Below are some records; quote exactly the lines from the one that contains "step-IsValid (drops hashes)" through the one that contains "-- ===== src/Store/Contents.antt", inclusive, and no others.

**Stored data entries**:
* * *

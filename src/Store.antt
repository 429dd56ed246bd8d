-- ===== src/Store.antt =====
-- src/queue/store.hpp and src/queue/store.cpp: the queue of pending blocks.
pub mod Json
pub mod Defs
pub mod Distinct
pub mod Invariant
pub mod Load
pub mod Reload
pub mod Recover
pub mod History
pub mod Contents
pub mod Disk
pub mod Counts
pub mod Exchange
pub mod Batch
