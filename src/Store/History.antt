-- ===== src/Store/History.antt =====
-- The operations of `BlockStore` (src/queue/store.cpp) as data, and what any history of them keeps.
use xnminer.Base.{ℕ, ℤ, List, [], ◌∷◌, Text}
use xnminer.Common.{BlockHit}
use xnminer.Store.Defs.{
  Store, flush, drop_by_hash, enqueue, log_rejection, record_rejection, mark_submitted,
  mark_submitted_many, mark_pending_reason, mark_forwarded_many, defer_all_to_next_start,
}
use xnminer.Store.Invariant.{
  IsValid, enqueue-IsValid, log_rejection-IsValid, mark_submitted_many-IsValid,
  drop_by_hash-IsValid, mark_pending_reason-IsValid, mark_forwarded_many-IsValid,
  defer_all_to_next_start-IsValid, flush-IsValid,
}

-- Every public member function that changes the store.
pub data Op : Type 0 where
  enqueues : BlockHit → Text → Op
  logs_rejection : BlockHit → ℤ → Text → Text → Op
  records_rejection : BlockHit → ℤ → Text → Text → Op
  submitted : ℕ → Op
  submitted_many : List ℕ → Op
  reasons : ℕ → Text → Op
  flushes : Op
  drops : List Text → Op
  forwarded_many : List ℕ → Op
  defers : ℕ → Op

unfoldable pub step : Op → Store → Store
step (enqueues hit reason) s = (enqueue hit reason s).0
step (logs_rejection hit status body source) s = log_rejection hit status body source s
step (records_rejection hit status body source) s = (record_rejection hit status body source s).0
step (submitted id) s = mark_submitted id s
step (submitted_many ids) s = mark_submitted_many ids s
step (reasons id reason) s = mark_pending_reason id reason s
step flushes s = flush s
step (drops hashes) s = (drop_by_hash hashes s).0
step (forwarded_many ids) s = mark_forwarded_many ids s
step (defers minute) s = defer_all_to_next_start minute s

unfoldable pub run : List Op → Store → Store
run [] s = s
run (op ∷ ops) s = run ops (step op s)

pub step-IsValid : (op : Op) (s : Store) → IsValid s → IsValid (step op s)
unfolding step record_rejection mark_submitted
step-IsValid (enqueues hit reason) s v = enqueue-IsValid hit reason s v
step-IsValid (logs_rejection hit status body source) s v =
    log_rejection-IsValid hit status body source s v
step-IsValid (records_rejection hit status body source) s v =
    enqueue-IsValid hit _ (log_rejection hit status body source s)
      (log_rejection-IsValid hit status body source s v)
step-IsValid (submitted id) s v = mark_submitted_many-IsValid (id ∷ []) s v
step-IsValid (submitted_many ids) s v = mark_submitted_many-IsValid ids s v
step-IsValid (reasons id reason) s v = mark_pending_reason-IsValid id reason s v
step-IsValid flushes s v = flush-IsValid s v
step-IsValid (drops hashes) s v = drop_by_hash-IsValid hashes s v
step-IsValid (forwarded_many ids) s v = mark_forwarded_many-IsValid ids s v
step-IsValid (defers minute) s v = defer_all_to_next_start-IsValid minute s v

-- Whatever operations are called and in whatever order, a well-formed store stays well formed: ids
-- are positive, below `next_id` and distinct, no digest stands in two rows, and the digest set holds
-- exactly the digests of the rows.
pub run-IsValid : (ops : List Op) (s : Store) → IsValid s → IsValid (run ops s)
unfolding run
run-IsValid [] s v = v
run-IsValid (op ∷ ops) s v = run-IsValid ops (step op s) (step-IsValid op s v)
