-- ===== src/Store/Contents.antt =====
-- The abstract view of `BlockStore`: the blocks that wait, with their ids. The digest set, the files,
-- the save counter, the reasons and the flags are forgotten.
use mathlib.Core.List.{map-append}
use mathlib.Core.Path.{fun_ext}
use xnminer.Base.{
  ℕ, ◌+◌, ◌≡◌, refl, sym, ap, ◌∙◌, Bool, false, not, ◌&&◌, List, [], ◌∷◌, ◌++◌, map, Text, text_eq,
  is_empty, member, filter, any, filter-filter, filter-map, nil_of_is_empty, filter_all, length,
  ◌==◌, if◌then◌else◌, Bool-cases, inl, inr, arith, codes,
}
use xnminer.Common.{BlockHit}
use xnminer.Store.Defs.{
  PendingBlock, Store, save_db, mark_dirty, maybe_save, flush, drop_by_hash, new_block, add_block,
  enqueue, log_rejection, record_rejection, remove_id, remove_ids, mark_submitted,
  mark_submitted_many, update_first, set_reason, set_forwarded, mark_pending_reason, forward_ids,
  mark_forwarded_many, defer_reason, defer_all_to_next_start,
}
use xnminer.Store.Distinct.{has_hash}
use xnminer.Store.Invariant.{IsValid}
use xnminer.Store.History.{
  Op, enqueues, logs_rejection, records_rejection, submitted, submitted_many, reasons, flushes,
  drops, forwarded_many, defers, step, run, step-IsValid,
}

pub record Bag : Type 0 where
  pub blocks : List (ℕ × BlockHit)
  pub next : ℕ

abbrev pub entry : PendingBlock → ℕ × BlockHit
entry pb = (pb.id, pb.hit)

abbrev pub blocks_of : List PendingBlock → List (ℕ × BlockHit)
blocks_of = map entry

abbrev pub contents : Store → Bag
contents s = record { blocks = blocks_of s.pending; next = s.next_id }

-- A block with the digest waits.
abbrev pub holds : Text → List (ℕ × BlockHit) → Bool
holds h = any (λ b. text_eq b.1.hash_str h)

-- A new digest, or an empty one, goes to the end under the next id.
unfoldable pub add : BlockHit → Bag → Bag
add hit b =
    if not (is_empty hit.hash_str) && holds hit.hash_str b.blocks
    then b
    else record { blocks = b.blocks ++ ((b.next, hit) ∷ []); next = b.next + 1 }

abbrev pub listed : ℕ → List ℕ → Bool
listed id = any (λ i. id == i)

unfoldable pub take_out : List ℕ → Bag → Bag
take_out ids b = record b { blocks = filter (λ e. not (listed e.0 ids)) b.blocks }

unfoldable pub drop_out : List Text → Bag → Bag
drop_out hashes b = record b {
  blocks = filter (λ e. not (member e.1.hash_str (filter (λ h. not (is_empty h)) hashes))) b.blocks;
}

-- What each operation promises of the bag.
unfoldable pub promise : Op → Bag → Bag
unfolding add take_out drop_out
promise (enqueues hit reason) b = add hit b
promise (logs_rejection hit status body source) b = b
promise (records_rejection hit status body source) b = add hit b
promise (submitted id) b = take_out (id ∷ []) b
promise (submitted_many ids) b = take_out ids b
promise (reasons id reason) b = b
promise flushes b = b
promise (drops hashes) b = drop_out hashes b
promise (forwarded_many ids) b = b
promise (defers minute) b = b

contents-maybe_save : (s : Store) → contents (maybe_save s) ≡ contents s
unfolding maybe_save save_db
contents-maybe_save s = ground arith

pub has_hash-holds : (h : Text) (ps : List PendingBlock) → has_hash h ps ≡ holds h (blocks_of ps)
has_hash-holds h [] = refl
has_hash-holds h (pb ∷ ps) = ground (arith, has_hash-holds h ps)

contents-enqueue :
    (hit : BlockHit) (reason : Text) (s : Store)
    → IsValid s
    → contents (enqueue hit reason s).0 ≡ add hit (contents s)
unfolding enqueue add mark_dirty add_block
contents-enqueue hit reason s v = elim (Bool-cases (is_empty hit.hash_str)) [
  | inl e ↦ rw e (contents-maybe_save _ ∙ appended)
  | inr e ↦ elim (Bool-cases (member hit.hash_str s.hash_index)) [
    | inl k ↦ rw (e, k, same e, k)
    | inr k ↦ rw (e, k, same e, k) (contents-maybe_save _ ∙ appended)
  ]
]
  where
    same :
        is_empty hit.hash_str ≡ false
        → holds hit.hash_str (blocks_of s.pending) ≡ member hit.hash_str s.hash_index
    same e = sym (v.indexed hit.hash_str e ∙ has_hash-holds hit.hash_str s.pending)

    appended :
        contents (add_block hit reason s)
        ≡ record { blocks = blocks_of s.pending ++ ((s.next_id, hit) ∷ []); next = s.next_id + 1 }
    appended = ground (arith, map-append entry s.pending (new_block s.next_id hit reason ∷ []))

pending-remove_ids :
    (ids : List ℕ) (s : Store)
    → (remove_ids ids s).pending ≡ filter (λ pb. not (listed pb.id ids)) s.pending
unfolding remove_ids remove_id
pending-remove_ids [] s = sym (filter_all s.pending)
pending-remove_ids (id ∷ ids) s =
    pending-remove_ids ids (remove_id id s)
    ∙ filter-filter (λ (pb : PendingBlock). not (listed pb.id ids))
        (λ (pb : PendingBlock). not (pb.id == id)) s.pending
    ∙ rw (fun_ext (λ (pb : PendingBlock). merge pb.id)) refl
  where
    merge : (i : ℕ) → (not (i == id) && not (listed i ids)) ≡ not (listed i (id ∷ ids))
    merge i = ground arith

next_id-remove_ids : (ids : List ℕ) (s : Store) → (remove_ids ids s).next_id ≡ s.next_id
unfolding remove_ids remove_id
next_id-remove_ids [] s = refl
next_id-remove_ids (id ∷ ids) s = next_id-remove_ids ids (remove_id id s)

contents-remove_ids :
    (ids : List ℕ) (s : Store) → contents (remove_ids ids s) ≡ take_out ids (contents s)
unfolding take_out
contents-remove_ids ids s =
    rw (pending-remove_ids ids s, next_id-remove_ids ids s)
      (ground (arith, filter-map (λ (e : ℕ × BlockHit). not (listed e.0 ids)) entry s.pending))

contents-mark_submitted_many :
    (ids : List ℕ) (s : Store) → contents (mark_submitted_many ids s) ≡ take_out ids (contents s)
unfolding mark_submitted_many save_db mark_dirty
contents-mark_submitted_many [] s =
    unfold take_out in ground (arith, filter_all (blocks_of s.pending))
contents-mark_submitted_many (id ∷ ids) s = contents-remove_ids (id ∷ ids) s

contents-drop_by_hash :
    (hashes : List Text) (s : Store)
    → contents (drop_by_hash hashes s).0 ≡ drop_out hashes (contents s)
unfolding drop_by_hash save_db drop_out
contents-drop_by_hash hashes s = elim (Bool-cases (is_empty wanted)) [
  | inl e ↦ rw e (none_wanted (nil_of_is_empty wanted e))
  | inr e ↦ elim (Bool-cases (length (filter dropped s.pending) == 0)) [
    | inl z ↦ rw (e, z) kept
    | inr z ↦ rw (e, z) kept
  ]
]
  where
    wanted : List Text
    wanted = filter (λ h. not (is_empty h)) hashes

    dropped : PendingBlock → Bool
    dropped pb = member pb.hash_str wanted

    kept :
        record { blocks = blocks_of (filter (λ pb. not (dropped pb)) s.pending); next = s.next_id }
        ≡ drop_out hashes (contents s)
    kept =
        ground (
          arith,
          filter-map (λ (e : ℕ × BlockHit). not (member e.1.hash_str wanted)) entry s.pending,
        )

    none_wanted : wanted ≡ [] → contents s ≡ drop_out hashes (contents s)
    none_wanted e = rw e (ground (arith, filter_all (blocks_of s.pending)))

blocks_of-update_first :
    (id : ℕ) (f : PendingBlock → PendingBlock)
    → ((pb : PendingBlock) → entry (f pb) ≡ entry pb)
    → (ps : List PendingBlock) → blocks_of (update_first id f ps) ≡ blocks_of ps
unfolding update_first
blocks_of-update_first id f h [] = refl
blocks_of-update_first id f h (pb ∷ ps) = ground (arith, h pb, blocks_of-update_first id f h ps)

blocks_of-forward_ids :
    (ids : List ℕ) (ps : List PendingBlock) → blocks_of (forward_ids ids ps) ≡ blocks_of ps
unfolding forward_ids
blocks_of-forward_ids [] ps = refl
blocks_of-forward_ids (id ∷ ids) ps =
    blocks_of-forward_ids ids (update_first id set_forwarded ps)
    ∙ blocks_of-update_first id set_forwarded (λ pb. refl) ps

blocks_of-defer :
    (m : ℕ) (ps : List PendingBlock) → blocks_of (map (defer_reason m) ps) ≡ blocks_of ps
unfolding defer_reason
blocks_of-defer m [] = refl
blocks_of-defer m (pb ∷ ps) = ground (arith, blocks_of-defer m ps)

-- Each operation of a well-formed store does to the waiting blocks what is promised of it: `enqueue`
-- and `record_rejection` add the block at the end under the next id unless its digest waits already,
-- `mark_submitted` and `mark_submitted_many` take out the rows with the given ids and no others,
-- `drop_by_hash` those with one of the given non-empty digests, and no other operation touches them.
pub contents-step :
    (op : Op) (s : Store) → IsValid s → contents (step op s) ≡ promise op (contents s)
unfolding step promise record_rejection log_rejection mark_submitted
contents-step (enqueues hit reason) s v = contents-enqueue hit reason s v
contents-step (logs_rejection hit status body source) s v = refl
contents-step (records_rejection hit status body source) s v =
    contents-enqueue hit (codes "resubmission") (log_rejection hit status body source s) v
contents-step (submitted id) s v = contents-mark_submitted_many (id ∷ []) s
contents-step (submitted_many ids) s v = contents-mark_submitted_many ids s
contents-step (reasons id reason) s v =
    unfold mark_pending_reason mark_dirty in
    contents-maybe_save _
    ∙ ground (arith, blocks_of-update_first id (set_reason reason) (λ pb. refl) s.pending)
contents-step flushes s v = unfold flush save_db in ground arith
contents-step (drops hashes) s v = contents-drop_by_hash hashes s
contents-step (forwarded_many []) s v = unfold mark_forwarded_many in refl
contents-step (forwarded_many (id ∷ ids)) s v =
    unfold mark_forwarded_many mark_dirty save_db in
    ground (arith, blocks_of-forward_ids (id ∷ ids) s.pending)
contents-step (defers minute) s v =
    unfold defer_all_to_next_start mark_dirty save_db in
    ground (arith, blocks_of-defer minute s.pending)

-- So does every history.
unfoldable pub promises : List Op → Bag → Bag
promises [] b = b
promises (op ∷ ops) b = promises ops (promise op b)

-- Any history of operations from a well-formed store leaves the bag of blocks that the same
-- operations leave on the abstract bag.
pub contents-run :
    (ops : List Op) (s : Store) → IsValid s → contents (run ops s) ≡ promises ops (contents s)
unfolding run promises
contents-run [] s v = refl
contents-run (op ∷ ops) s v =
    contents-run ops (step op s) (step-IsValid op s v) ∙ ap (promises ops) (contents-step op s v)
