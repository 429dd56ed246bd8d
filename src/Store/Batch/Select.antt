-- ===== src/Store/Batch/Select.antt =====
-- The two loops of `list_flush_batch` (src/queue/store.cpp) take the first rows of a plain list: the
-- eligible rows at or after the skip mark, then those before it.
use mathlib.Core.List.{append-nil, append_assoc}
use xnminer.Base.{
  ℕ, zero, suc, ◌+◌, ◌≤◌, ◌<◌, ◌≡◌, refl, sym, ap, ◌∙◌, Bool, true, false, not, ◌&&◌, List, [], ◌∷◌,
  ◌++◌, length, length-append, take, filter, ltb, leb, Bool-cases, inl, inr, arith,
}
use xnminer.Store.Defs.{PendingBlock}
use xnminer.Store.Batch.{is_old, take_into, collect, top_up, finish}

module _ {ℓ} {A : Type ℓ} where
  pub take-append_le : (n : ℕ) (xs ys : List A) → n ≤ length xs → take n (xs ++ ys) ≡ take n xs
  take-append_le zero xs ys h = refl
  take-append_le (suc n) [] ys h = absurd (omega arith)
  take-append_le (suc n) (x ∷ xs) ys h = ap (◌∷◌ x) (take-append_le n xs ys (omega arith))

  pub take_all : (n : ℕ) (xs : List A) → length xs ≤ n → take n xs ≡ xs
  take_all zero [] h = refl
  take_all zero (x ∷ xs) h = absurd (omega arith)
  take_all (suc n) [] h = refl
  take_all (suc n) (x ∷ xs) h = ap (◌∷◌ x) (take_all n xs (omega arith))

  -- Once enough is taken, what follows does not matter.
  take_full : (n : ℕ) (xs ys : List A) → length xs ≡ n → take n (xs ++ ys) ≡ xs
  take_full n xs ys h = take-append_le n xs ys (omega arith) ∙ take_all n xs (omega arith)

  length-snoc : (xs : List A) (y : A) → length (xs ++ y ∷ []) ≡ length xs + 1
  length-snoc xs y = omega (arith, length-append xs (y ∷ []))

  snoc_append : (xs : List A) (y : A) (zs : List A) → (xs ++ y ∷ []) ++ zs ≡ xs ++ y ∷ zs
  snoc_append xs y zs = append_assoc xs (y ∷ []) zs

module _ (cap skip : ℕ) (ok : PendingBlock → Bool) where
  abbrev pub fresh_rows : List PendingBlock → List PendingBlock
  fresh_rows = filter (λ pb. ok pb && not (is_old skip pb))

  abbrev pub old_rows : List PendingBlock → List PendingBlock
  old_rows = filter (λ pb. ok pb && is_old skip pb)

  top_up-take :
      (w p : List PendingBlock) → length p < cap → top_up cap skip ok w p ≡ take cap (p ++ w)
  unfolding top_up
  top_up-take [] p h = sym (rw append-nil (take_all cap p (omega arith)))
  top_up-take (pb ∷ w) p h = elim (Bool-cases (leb cap (length (p ++ pb ∷ [])))) [
    | inl e ↦
        rw (e, ← snoc_append p pb w)
          (sym (take_full cap (p ++ pb ∷ []) w (ground (arith, length-snoc p pb))))
    | inr e ↦ rw (e, ← snoc_append p pb w) (top_up-take w (p ++ pb ∷ []) (ground arith))
  ]

  finish-take :
      (p w : List PendingBlock) → length p ≤ cap → finish cap skip ok (p, w) ≡ take cap (p ++ w)
  unfolding finish
  finish-take p w h = elim (Bool-cases (ltb (length p) cap)) [
    | inl e ↦ rw e (top_up-take w p (ground arith))
    | inr e ↦ rw e (sym (take_full cap p w (ground arith)))
  ]

  -- Rows behind a full list of wrapped rows are not missed.
  wrapped_full :
      (p n w o : List PendingBlock) (x : PendingBlock)
      → length w ≡ cap
      → take cap (p ++ n ++ (w ++ o)) ≡ take cap (p ++ n ++ (w ++ x ∷ o))
  wrapped_full p n w o x h = cut o ∙ sym (cut (x ∷ o))
    where
      cut : (y : List PendingBlock) → take cap (p ++ n ++ (w ++ y)) ≡ take cap (p ++ n ++ w)
      cut y =
          rw (← append_assoc (p ++ n) w y)
            (take-append_le cap (p ++ n ++ w) y (omega (arith, length-append (p ++ n) w)))

  pub collect-take :
      (ps p w : List PendingBlock)
      → length p < cap
      → length w ≤ cap
      → finish cap skip ok (collect cap skip ok ps p w)
        ≡ take cap (p ++ fresh_rows ps ++ (w ++ old_rows ps))
  unfolding collect
  collect-take [] p w hp hw = rw (append-nil, append-nil) (finish-take p w (omega arith))
  collect-take (pb ∷ ps) p w hp hw = elim (Bool-cases (is_old skip pb)) [
    | inl old ↦ elim (Bool-cases (ok pb)) [
      | inl good ↦ elim (Bool-cases (leb cap (length w))) [
        | inl full ↦
            rw (old, collect, not_full, good, passed w full)
              (collect-take ps p w hp hw
                ∙ wrapped_full p (fresh_rows ps) w (old_rows ps) pb (ground arith))
        | inr room ↦
            rw (old, collect, not_full, good, taken w room, ← snoc_append w pb (old_rows ps))
              (collect-take ps p (w ++ pb ∷ []) hp (ground (arith, length-snoc w pb)))
      ]
      | inr bad ↦ rw (old, collect, not_full, bad, unchanged w) (collect-take ps p w hp hw)
    ]
    | inr new ↦ elim (Bool-cases (ok pb)) [
      | inl good ↦ elim (Bool-cases (leb cap (length (p ++ pb ∷ [])))) [
        | inl enough ↦
            rw (new, collect, good, taken p not_full, enough)
              (finish-take (p ++ pb ∷ []) w (omega (arith, length-snoc p pb))
                ∙ take_full cap (p ++ pb ∷ []) w (ground (arith, length-snoc p pb))
                ∙ sym (enough_taken (ground (arith, length-snoc p pb))))
        | inr more ↦
            rw (new, collect, good, taken p not_full, more, ← snoc_append p pb (fresh_rows ps))
              (collect-take ps (p ++ pb ∷ []) w (ground arith) hw)
      ]
      | inr bad ↦ rw (new, collect, bad, unchanged p, not_full) (collect-take ps p w hp hw)
    ]
  ]
    where
      not_full : leb cap (length p) ≡ false
      not_full = ground arith

      passed : (l : List PendingBlock) → leb cap (length l) ≡ true → take_into cap true l pb ≡ l
      passed l e = unfold take_into in ground arith

      taken :
          (l : List PendingBlock)
          → leb cap (length l) ≡ false
          → take_into cap true l pb ≡ l ++ pb ∷ []
      taken l e = unfold take_into in ground arith

      enough_taken :
          length (p ++ pb ∷ []) ≡ cap
          → take cap (p ++ pb ∷ fresh_rows ps ++ (w ++ old_rows ps)) ≡ p ++ pb ∷ []
      enough_taken e =
          rw
            (
              append_assoc p (pb ∷ fresh_rows ps) (w ++ old_rows ps),
              ← snoc_append p pb (fresh_rows ps ++ (w ++ old_rows ps)),
            )
            (take_full cap (p ++ pb ∷ []) _ e)

      unchanged : (l : List PendingBlock) → take_into cap false l pb ≡ l
      unchanged l = unfold take_into in ground arith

* * *

**Exercise output**:
step-IsValid (drops hashes) s v = drop_by_hash-IsValid hashes s v
step-IsValid (forwarded_many ids) s v = mark_forwarded_many-IsValid ids s v
step-IsValid (defers minute) s v = defer_all_to_next_start-IsValid minute s v

-- Whatever operations are called and in whatever order, a well-formed store stays well formed: ids
-- are positive, below `next_id` and distinct, no digest stands in two rows, and the digest set holds
-- exactly the digests of the rows.
pub run-IsValid : (ops : List Op) (s : Store) → IsValid s → IsValid (run ops s)
unfolding run
run-IsValid [] s v = v
run-IsValid (op ∷ ops) s v = run-IsValid ops (step op s) (step-IsValid op s v)
-- ===== src/Store/Contents.antt =====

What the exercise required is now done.